One number is the whole answer: the tally of lines in the records below that contain "module".

[[ EXTRACTED MATERIAL, beginning ]]

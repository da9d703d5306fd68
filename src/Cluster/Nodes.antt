-- ===== src/Cluster/Nodes.antt =====
-- Nodes that come and go in packages/teraslice/lib/cluster/services/cluster/backends/native/index.js.
use teraslice.Cluster.State.{Node, find_node_for_slicer, is_free, or_first}
use teraslice.Cluster.Allocate.{Request}
use teraslice.Cluster.Handlers.{
  Cluster, Effect, node_of, without, node_of-set_node, on_node_online, on_disconnect, disconnected,
  disconnected_if, cleaned, clean_up_node, stop_execution, chosen_free,
}
use teraslice.Base.{
  String, ◌≡◌, refl, ap, Bool, true, false, not, ◌&&◌, Option, none, some, List, [], ◌∷◌, arith,
  if◌then◌else◌, ◌===◌, ===_iff, keep_if, any_of,
}

-- Where a connected node has room, has not failed before and has no slicer, such a node is chosen for
-- the slicer.
pub find_node_for_slicer_lem :
    (nodes : List Node) (errors : List String)
    → any_of (is_free errors) nodes ≡ true
    → (n : Node) × (find_node_for_slicer nodes errors ≡ some n.node_id) × (is_free errors n ≡ true)
unfolding find_node_for_slicer
find_node_for_slicer_lem nodes errors h =
    let (n, e, f) = chosen_free errors nodes h in (n, ap (or_first nodes) e, f)

node_of-without :
    (id j : String) (l : List (String × Node))
    → node_of j (without id l) ≡ (if id === j then none else node_of j l)
node_of-without id j [] = ground arith
node_of-without id j ((k, m) ∷ l) =
    ground (arith, ===_iff k id, ===_iff k j, ===_iff id j, node_of-without id j l)

any_of-keep_if-not :
    {A : Type 0} (p : A → Bool) (l : List A) → any_of p (keep_if (λ a. not (p a)) l) ≡ false
any_of-keep_if-not p [] = refl
any_of-keep_if-not p (a ∷ l) = ground (arith, any_of-keep_if-not p l)

node_of-disconnected :
    (id j : String) (m : Node) (c : Cluster)
    → (id === j) ≡ false
    → node_of j (disconnected id m c).nodes ≡ node_of j c.nodes
node_of-disconnected id j m c h = ground (
  arith,
  node_of-without id j c.nodes,
  node_of-set_node id j (record m { state = "disconnected" }) c.nodes,
)

node_of-disconnected_if :
    (id j : String) (m : Option Node) (c : Cluster)
    → (id === j) ≡ false
    → node_of j (disconnected_if id m c).nodes ≡ node_of j c.nodes
node_of-disconnected_if id j none c h = refl
node_of-disconnected_if id j (some m) c h = node_of-disconnected id j m c h

node_of-on_disconnect :
    (id j : String) (c : Cluster)
    → (id === j) ≡ false
    → node_of j (on_disconnect id c).nodes ≡ node_of j c.nodes
unfolding on_disconnect
node_of-on_disconnect id j c h = node_of-disconnected_if id j (node_of id c.nodes) c h

-- A disconnected node that comes online again has the state that it sends, and no clean-up waits for
-- it; every other node is as it was before both.
pub on_node_online-on_disconnect :
    (id : String) (n : Node) (c : Cluster) (j : String)
    → let d = on_node_online id n (on_disconnect id c) in
      (any_of (λ k. k === id) d.dropped ≡ false)
      × (node_of j d.nodes ≡ (if id === j then some n else node_of j c.nodes))
unfolding on_node_online
on_node_online-on_disconnect id n c j = (
  any_of-keep_if-not (λ k. k === id) (on_disconnect id c).dropped,
  ground (arith, node_of-set_node id j n (on_disconnect id c).nodes, node_of-on_disconnect id j c),
)

-- A clean-up of a known node removes that node, keeps every other one, and stops waiting for it.
pub clean_up_node-without :
    (id j : String) (c : Cluster) (n : Node)
    → node_of id c.nodes ≡ some n
    → (r : Cluster × List Effect) × (clean_up_node id c ≡ some r)
      × (node_of j r.0.nodes ≡ (if id === j then none else node_of j c.nodes))
      × (any_of (λ k. k === id) r.0.dropped ≡ false)
unfolding clean_up_node
clean_up_node-without id j c n h = (
  _,
  ap (cleaned id c) h,
  node_of-without id j c.nodes,
  any_of-keep_if-not (λ k. k === id) c.dropped,
)

-- Stopping an execution leaves no pending request for it, and keeps those of the others.
pub stop_execution_forgets :
    (ex_id j : String) (exclude : Option String) (nodes : List Node) (pending : List Request)
    → let rest = (stop_execution ex_id exclude nodes pending).0 in
      any_of (λ (r : Request). r.ex_id === j) rest
      ≡ not (ex_id === j) && any_of (λ (r : Request). r.ex_id === j) pending
unfolding stop_execution
stop_execution_forgets ex_id j exclude nodes [] = ground arith
stop_execution_forgets ex_id j exclude nodes (r ∷ pending) = ground (
  arith,
  ===_iff r.ex_id ex_id,
  ===_iff r.ex_id j,
  ===_iff ex_id j,
  stop_execution_forgets ex_id j exclude nodes pending,
)
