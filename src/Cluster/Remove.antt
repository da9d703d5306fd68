-- ===== src/Cluster/Remove.antt =====
-- Removing and setting workers: removeWorkers and setWorkers of
-- packages/teraslice/lib/cluster/services/cluster/backends/native/index.js. No node is named `_total`.
use teraslice.Cluster.State.{Node, Placed, add_to, find_workers_by_execution_id}
use teraslice.Cluster.Allocate.{Request, add_workers}
use teraslice.Base.{
  ℕ, zero, suc, ◌-◌, String, ◌&&◌, Option, none, some, List, [], ◌∷◌, ltb, leb, ◌==◌, if◌then◌else◌,
  length,
}

-- The `reduce` of `removeWorkers`, but `_total`, which is the number of the workers.
unfoldable pub tally : List Placed → List (String × ℕ) → List (String × ℕ)
tally [] m = m
tally (p ∷ l) m = tally l (add_to p.node_id 1 m)

pub record Removing : Type 0 where
  pub counts : List (String × ℕ)
  pub left : ℕ
  pub dispatch : List (String × ℕ)

abbrev pub with_count : String → ℕ → Removing → Removing
with_count k n r = record r { counts = (k, n) ∷ r.counts }

-- `_.forOwn(workersData, stateForDispatch)`
unfoldable pub remove_pass : List (String × ℕ) → ℕ → List (String × ℕ) → Removing
remove_pass [] left d = record { counts = []; left = left; dispatch = d }
remove_pass ((k, n) ∷ l) left d =
    let go = leb 1 n && ltb 0 left in
    with_count k (if go then n - 1 else n)
      (remove_pass l (if go then left - 1 else left) (if go then add_to k 1 d else d))

-- `while (workerCount)`; `none` is a loop that has not ended within the fuel.
unfoldable pub remove_loop : ℕ → Removing → Option Removing
unfolding remove_pass
remove_loop zero r = if r.left == 0 then some r else none
remove_loop (suc fuel) r =
    let rest = remove_loop fuel (remove_pass r.counts r.left r.dispatch) in
    if r.left == 0 then some r else rest

-- `code: 400`, or the number of workers that each node is told to remove.
pub data Removed : Type 0 where
  too_many : ℕ → ℕ → Removed
  told : List (String × ℕ) → Removed

abbrev pub telling : Option Removing → Option Removed
telling none = none
telling (some r) = some (told r.dispatch)

unfoldable pub remove_workers : ℕ → String → ℕ → List Node → Option Removed
unfolding tally remove_loop find_workers_by_execution_id
remove_workers fuel ex_id n nodes =
    let workers = find_workers_by_execution_id ex_id nodes in
    if leb (length workers) n
    then some (too_many n (length workers))
    else telling (remove_loop fuel (record { counts = tally workers []; left = n; dispatch = [] }))

pub data Setting : Type 0 where
  removing : Option Removed → Setting
  adding : ℕ → List Request → Setting
  unchanged : Setting

unfoldable pub set_workers : ℕ → Request → ℕ → List Node → List Request → Setting
unfolding remove_workers add_workers find_workers_by_execution_id
set_workers fuel r n nodes pending =
    let total = length (find_workers_by_execution_id r.ex_id nodes) in
    if ltb n total
    then removing (remove_workers fuel r.ex_id (total - n) nodes)
    else if ltb total n
    then adding (n - total) (add_workers r (n - total) pending)
    else unchanged
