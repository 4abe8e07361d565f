-- ===== src/Report/Limits.antt =====
-- `_bounded_json` of manager/runtime_ingest.py keeps exactly the values within its limits.
use pq_migration_gateway.Prelude.{
  ◌≡◌, refl, ℕ, zero, suc, ◌+◌, ◌≤◌, String, Bool, true, false, arith, ◌==◌, eq_iff, Bool-cases,
  inl, inr, if◌then◌else◌,
}
use pq_migration_gateway.Json.{
  Json, Items, Fields, null, bool, num, real, str, arr, obj, nil, cons, end, field, insert,
}
use pq_migration_gateway.Report.Texts.{cut, text_length, text_length-cut}
use pq_migration_gateway.Report.Bounded.{
  take_items, take_fields, bound_items, bound_fields, bound_value, bounded_below,
}

abbrev pub item_count : Items → ℕ
item_count nil = 0
item_count (cons j js) = suc (item_count js)

abbrev pub field_count : Fields → ℕ
field_count end = 0
field_count (field k v fs) = suc (field_count fs)

abbrev pub AllItems : (Json → Type 0) → Items → Type 0
AllItems P nil = Unit
AllItems P (cons j js) = P j × AllItems P js

-- `k not in d`
abbrev pub lacks : String → Fields → Bool
lacks k end = true
lacks k (field j v fs) = if j == k then false else lacks k fs

-- Distinct keys of at most 128 characters.
abbrev pub Keyed : Fields → Type 0
Keyed end = Unit
Keyed (field k v fs) = (text_length k ≤ 128) × (lacks k fs ≡ true) × Keyed fs

abbrev pub AllValues : (Json → Type 0) → Fields → Type 0
AllValues P end = Unit
AllValues P (field k v fs) = P v × AllValues P fs

abbrev pub FitsValue : (Json → Type 0) → Json → Type 0
FitsValue P null = Unit
FitsValue P (bool _) = Unit
FitsValue P (num _) = Unit
FitsValue P (real _) = Unit
FitsValue P (str s) = text_length s ≤ 2000
FitsValue P (arr items) = (item_count items ≤ 128) × AllItems P items
FitsValue P (obj fs) = (field_count fs ≤ 128) × Keyed fs × AllValues P fs

-- At most so many levels; below them only the marker may stand.
abbrev pub Fits : ℕ → Json → Type 0
Fits zero v = v ≡ str "<depth-limited>"
Fits (suc left) v = FitsValue (Fits left) v

lacks-insert :
    (j k : String) (v : Json) (fs : Fields)
    → (k == j) ≡ false
    → lacks j fs ≡ true
    → lacks j (insert k v fs) ≡ true
unfolding insert
lacks-insert j k v end e h = ground arith
lacks-insert j k v (field i w fs) e h =
    ground (arith, eq_iff i j, eq_iff i k, lacks-insert j k v fs e)

insert-Keyed :
    (k : String) (v : Json) (fs : Fields) → text_length k ≤ 128 → Keyed fs → Keyed (insert k v fs)
unfolding insert
insert-Keyed k v end short keyed = (short, refl, tt)
insert-Keyed k v (field i w fs) short (short_i, new, keyed) = elim (Bool-cases (i == k)) [
  | inl e ↦ rw e (short_i, new, keyed)
  | inr e ↦ rw e (
    short_i,
    lacks-insert i k v fs (ground (arith, e, eq_iff i k, eq_iff k i)) new,
    insert-Keyed k v fs short keyed,
  )
]

field_count-insert-le :
    (k : String) (v : Json) (fs : Fields) → field_count (insert k v fs) ≤ suc (field_count fs)
unfolding insert
field_count-insert-le k v end = omega arith
field_count-insert-le k v (field i w fs) = ground (arith, field_count-insert-le k v fs)

insert-AllValues :
    (P : Json → Type 0) (k : String) (v : Json) (fs : Fields)
    → P v
    → AllValues P fs
    → AllValues P (insert k v fs)
unfolding insert
insert-AllValues P k v end h all = (h, tt)
insert-AllValues P k v (field i w fs) h (hw, all) = elim (Bool-cases (i == k)) [
  | inl e ↦ rw e (h, all)
  | inr e ↦ rw e (hw, insert-AllValues P k v fs h all)
]

-- What bounding makes, from what it makes one level down.
module _ (bound : Json → Json) (P : Json → Type 0) (made : (v : Json) → P (bound v)) where
  bound_items-AllItems :
      (n : ℕ) (js : Items)
      → (item_count (bound_items bound (take_items n js)) ≤ n)
        × AllItems P (bound_items bound (take_items n js))
  unfolding bound_items take_items
  bound_items-AllItems zero js = (omega arith, tt)
  bound_items-AllItems (suc n) nil = (omega arith, tt)
  bound_items-AllItems (suc n) (cons j js) =
      let (few, all) = bound_items-AllItems n js in (omega arith, (made j, all))

  bound_fields-AllValues :
      (n : ℕ) (out fs : Fields)
      → Keyed out
      → AllValues P out
      → (field_count (bound_fields bound out (take_fields n fs)) ≤ field_count out + n)
        × Keyed (bound_fields bound out (take_fields n fs))
        × AllValues P (bound_fields bound out (take_fields n fs))
  unfolding bound_fields take_fields
  bound_fields-AllValues zero out fs keyed all = (omega arith, keyed, all)
  bound_fields-AllValues (suc n) out end keyed all = (omega arith, keyed, all)
  bound_fields-AllValues (suc n) out (field k v fs) keyed all =
      let (few, keyed', all') =
        bound_fields-AllValues n (insert (cut 128 k) (bound v) out) fs
          (insert-Keyed (cut 128 k) (bound v) out (text_length-cut 128 k) keyed)
          (insert-AllValues P (cut 128 k) (bound v) out (made v) all) in
      (omega (arith, field_count-insert-le (cut 128 k) (bound v) out), keyed', all')

  bound_value-Fits : (v : Json) → FitsValue P (bound_value bound v)
  unfolding bound_value
  bound_value-Fits null = tt
  bound_value-Fits (bool _) = tt
  bound_value-Fits (num _) = tt
  bound_value-Fits (real _) = tt
  bound_value-Fits (str s) = text_length-cut 2000 s
  bound_value-Fits (arr items) = bound_items-AllItems 128 items
  bound_value-Fits (obj fs) =
      let (few, keyed, all) = bound_fields-AllValues 128 end fs tt tt in (omega arith, keyed, all)

pub bounded_below-Fits : (left : ℕ) (v : Json) → Fits left (bounded_below left v)
unfolding bounded_below
bounded_below-Fits zero v = refl
bounded_below-Fits (suc left) v =
    bound_value-Fits (bounded_below left) (Fits left) (bounded_below-Fits left) v
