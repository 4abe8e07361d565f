-- ===== src/Report/Unchanged.antt =====
-- `_bounded_json` of manager/runtime_ingest.py leaves a value within its limits as it is.
use pq_migration_gateway.Prelude.{
  ◌≡◌, refl, ap, sym, subst, ◌∙◌, ℕ, zero, suc, ◌≤◌, String, true, false, ◌↔◌, arith, ◌==◌, eq_iff,
}
use pq_migration_gateway.Json.{
  Json, Items, Fields, null, bool, num, real, str, arr, obj, nil, cons, end, field, insert,
}
use pq_migration_gateway.Report.Texts.{cut, cut_all}
use pq_migration_gateway.Report.Bounded.{
  take_items, take_fields, bound_items, bound_fields, bound_value, bounded_below, bounded_json,
}
use pq_migration_gateway.Report.Limits.{
  item_count, field_count, AllItems, lacks, Keyed, AllValues, FitsValue, Fits, bounded_below-Fits,
}

abbrev append_fields : Fields → Fields → Fields
append_fields end gs = gs
append_fields (field k v fs) gs = field k v (append_fields fs gs)

append_fields-end : (fs : Fields) → append_fields fs end ≡ fs
append_fields-end end = refl
append_fields-end (field k v fs) = rw (append_fields-end fs)

append_fields_assoc :
    (fs gs hs : Fields)
    → append_fields (append_fields fs gs) hs ≡ append_fields fs (append_fields gs hs)
append_fields_assoc end gs hs = refl
append_fields_assoc (field k v fs) gs hs = rw (append_fields_assoc fs gs hs)

take_fields_all : (n : ℕ) (fs : Fields) → field_count fs ≤ n → take_fields n fs ≡ fs
unfolding take_fields
take_fields_all zero end h = refl
take_fields_all zero (field k v fs) h = absurd (omega arith)
take_fields_all (suc n) end h = refl
take_fields_all (suc n) (field k v fs) h = rw (take_fields_all n fs (omega arith))

insert_new :
    (k : String) (v : Json) (fs : Fields)
    → lacks k fs ≡ true
    → insert k v fs ≡ append_fields fs (field k v end)
unfolding insert
insert_new k v end h = refl
insert_new k v (field j w fs) h = ground (arith, insert_new k v fs)

-- No key of the second stands in the first.
abbrev Apart : Fields → Fields → Type 0
Apart out end = Unit
Apart out (field k v fs) = (lacks k out ≡ true) × Apart out fs

Apart-end : (fs : Fields) → Apart end fs
Apart-end end = tt
Apart-end (field k v fs) = (refl, Apart-end fs)

lacks-append_fields :
    (j k : String) (v : Json) (out : Fields)
    → lacks j out ≡ true
    → (k == j) ≡ false
    → lacks j (append_fields out (field k v end)) ≡ true
lacks-append_fields j k v end h e = ground arith
lacks-append_fields j k v (field i w out) h e = ground (arith, lacks-append_fields j k v out)

Apart-append_fields :
    (k : String) (v : Json) (out fs : Fields)
    → Apart out fs
    → lacks k fs ≡ true
    → Apart (append_fields out (field k v end)) fs
Apart-append_fields k v out end apart new = tt
Apart-append_fields k v out (field j w fs) (new_j, apart) new = (
  lacks-append_fields j k v out new_j (ground (arith, eq_iff j k, eq_iff k j)),
  Apart-append_fields k v out fs apart (ground arith),
)

module _ (bound : Json → Json) (P : Json → Type 0) (fixed : (v : Json) → P v → bound v ≡ v) where
  bound_items_fixed :
      (n : ℕ) (js : Items)
      → item_count js ≤ n
      → AllItems P js
      → bound_items bound (take_items n js) ≡ js
  unfolding bound_items take_items
  bound_items_fixed zero nil few all = refl
  bound_items_fixed zero (cons j js) few all = absurd (omega arith)
  bound_items_fixed (suc n) nil few all = refl
  bound_items_fixed (suc n) (cons j js) few (h, all) =
      rw (fixed j h, bound_items_fixed n js (omega arith) all)

  bound_fields_fixed :
      (out fs : Fields)
      → Keyed fs
      → Apart out fs
      → AllValues P fs
      → bound_fields bound out fs ≡ append_fields out fs
  unfolding bound_fields
  bound_fields_fixed out end keyed apart all = sym (append_fields-end out)
  bound_fields_fixed out (field k v fs) (short, new, keyed) (free, apart) (h, all) =
      let step : insert (cut 128 k) (bound v) out ≡ append_fields out (field k v end) =
        rw (cut_all 128 k short, fixed v h) (insert_new k v out free) in
      rw step (
        bound_fields_fixed (append_fields out (field k v end)) fs keyed
          (Apart-append_fields k v out fs apart new) all
        ∙ append_fields_assoc out (field k v end) fs)

  bound_value_fixed : (v : Json) → FitsValue P v → bound_value bound v ≡ v
  unfolding bound_value
  bound_value_fixed null h = refl
  bound_value_fixed (bool _) h = refl
  bound_value_fixed (num _) h = refl
  bound_value_fixed (real _) h = refl
  bound_value_fixed (str s) h = rw (cut_all 2000 s h)
  bound_value_fixed (arr items) (few, all) = rw (bound_items_fixed 128 items few all)
  bound_value_fixed (obj fs) (few, keyed, all) =
      rw (take_fields_all 128 fs few) (ap obj (bound_fields_fixed end fs keyed (Apart-end fs) all))

bounded_below_fixed : (left : ℕ) (v : Json) → Fits left v → bounded_below left v ≡ v
unfolding bounded_below
bounded_below_fixed zero v h = sym h
bounded_below_fixed (suc left) v h =
    bound_value_fixed (bounded_below left) (Fits left) (bounded_below_fixed left) v h

-- _bounded_json leaves a value unchanged exactly when it is within the limits: six levels of nesting,
-- 128 entries to a list or object, distinct keys of 128 characters and texts of 2000.
pub bounded_json-Fits : (v : Json) → (bounded_json v ≡ v) ↔ Fits 6 v
unfolding bounded_json
bounded_json-Fits v = (λ e. subst (Fits 6) e (bounded_below-Fits 6 v), bounded_below_fixed 6 v)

[[ EXTRACTED MATERIAL, end ]]

=== TASK ANSWER ===
2